I'm not sure what high risks you're talking about. The derivatives they are stuck with were rated AAA at the time they bought them, so that can't be what you mean. The high risk (of foreclosure) of some of the mortgages they sold and bought were not really high risk for them since there was a ready market in which to sell them. What is truly stunning is that hardly any of our banks and hardly any of the banks in the rest of the developed world and hardly any of the governments in the developed world seemed to realize that sooner or later the real estate bubble would burst and all these "safe" investments would lose value, although even if they had realized this, I don't think anyone would have guessed AAA rated bonds would lose so much of their value so quickly.

I think it is described in this article:

"By pushing all of this excess credit into the economy, the Fed created a housing and mortgage mania that Wall Street was only too happy to be part of. Yes, many on the Street abandoned their normal risk standards. But they were goaded by an enormous subsidy for debt. Wall Street did get "drunk" but Washington had set up the open bar."

The Bush Economy - WSJ.com

It is obvious that the government made mistakes, but it is even more obvious that some companies made huge mistakes. Lehman Brothers distracted most of the attention, because of its bankruptcy but many forget the other responsible ones. Why are they not accountable?

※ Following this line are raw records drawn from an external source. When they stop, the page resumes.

-- ===== src/Log/Forward.antt =====
-- log.c: log_message and log_forward. A message is the bytes of its `LogEntry` and its text. What is
-- done with a message that has arrived, `log_output` and the rotation, is a function on a state.
pub mod Framing
pub mod Delivery
use daemonlib.Base.{
  ℕ, zero, suc, ◌+◌, ◌-◌, Bool, List, [], ◌∷◌, ◌++◌, length, take, drop, min, ltb, leb, ◌==◌,
  if◌then◌else◌,
}

abbrev pub Message : Type 0
Message = List ℕ × List ℕ

-- The size of the buffer in log_forward.
abbrev pub buffer_size : ℕ
buffer_size = 8192

-- The size of `message` in log_message.
abbrev pub message_size : ℕ
message_size = 1024

-- The bytes that log_message writes to the FIFO: the entry, the text cut to the size of `message`,
-- and the NUL.
unfoldable pub log_message : Message → List ℕ
log_message (entry, text) = entry ++ (take (message_size - 1) text ++ (0 ∷ []))

-- `strnlen` on bytes that end where its limit is.
pub strnlen : List ℕ → ℕ
strnlen [] = 0
strnlen (c ∷ cs) = if c == 0 then 0 else suc (strnlen cs)

module _ {S : Type 0} (forward : Message → S → S) (entry_size : ℕ) where
  -- The inner loop, on the `buffer_used` bytes of the buffer: the state and the bytes that are left.
  pub drain_loop : ℕ → List ℕ → S → S × List ℕ
  drain_loop zero buffer s = (s, buffer)
  drain_loop (suc fuel) buffer s =
      let body = drop entry_size buffer in
      let message_length = strnlen body in
      let rest =
        drain_loop fuel (drop (entry_size + message_length + 1) buffer)
          (forward (take entry_size buffer, take message_length body) s) in
      if length buffer == 0
      then (s, buffer)
      else (if ltb (length buffer) entry_size
          then (s, buffer)
          else (if leb (length buffer - entry_size) message_length then (s, buffer) else rest))

  -- The outer loop. The FIFO gives the bytes of `stream`, in its n-th answer at most `ns[n]` of them;
  -- no bytes end the loop, and so does an empty request. The rest of the stream, the bytes in the buffer
  -- and the state.
  pub log_forward : List ℕ → List ℕ → List ℕ → S → List ℕ × List ℕ × S
  log_forward [] stream buffer s = (stream, buffer, s)
  log_forward (n ∷ ns) stream buffer s =
      let asked = min n (buffer_size - length buffer) in
      let chunk = take asked stream in
      let (s', buffer') = drain_loop (length (buffer ++ chunk)) (buffer ++ chunk) s in
      let rest = log_forward ns (drop asked stream) buffer' s' in
      if length chunk == 0 then (stream, buffer, s) else rest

The author says the banks abandoned their normal risk standards, but he also says these were not normal times. Notice that he states in some detail what the Fed did wrong and what the Treasury did wrong, but he has no details about what the banks did wrong because it was appropriate at a time of rapidly rising real estate prices and low interest rates to change the way they did business. And what changes did they make? They required lower down payments on mortgages and sold them to people who would not formerly have qualified. But the down payment is supposed to be a protection for the bank against the expense of foreclosure and with property values rising so rapidly, the increase in value in the event of foreclosure was already adequate protection against the expense of foreclosure, so the down payment was not necessary. Similarly, the rising property values afforded sufficient protection to allow the banks to sell mortgages to people who would not have previously qualified.

Some of their practices changed to accommodate the changed financial environment, but the risk level remained the same, or so they thought. What the banks are guilty of is not realizing the bubble would burst and property values would fall and that would make these "safe" mortgages very, very expensive. But virtually all the banks in the developed world and all the governments in the developed world failed to realize this, so the banks bear no special responsibility for the financial crisis.
 
Yes it is and it goes back well beyond the 1990's and involves government regulations at every level that have helped price houses out of the reach of the average working stiff.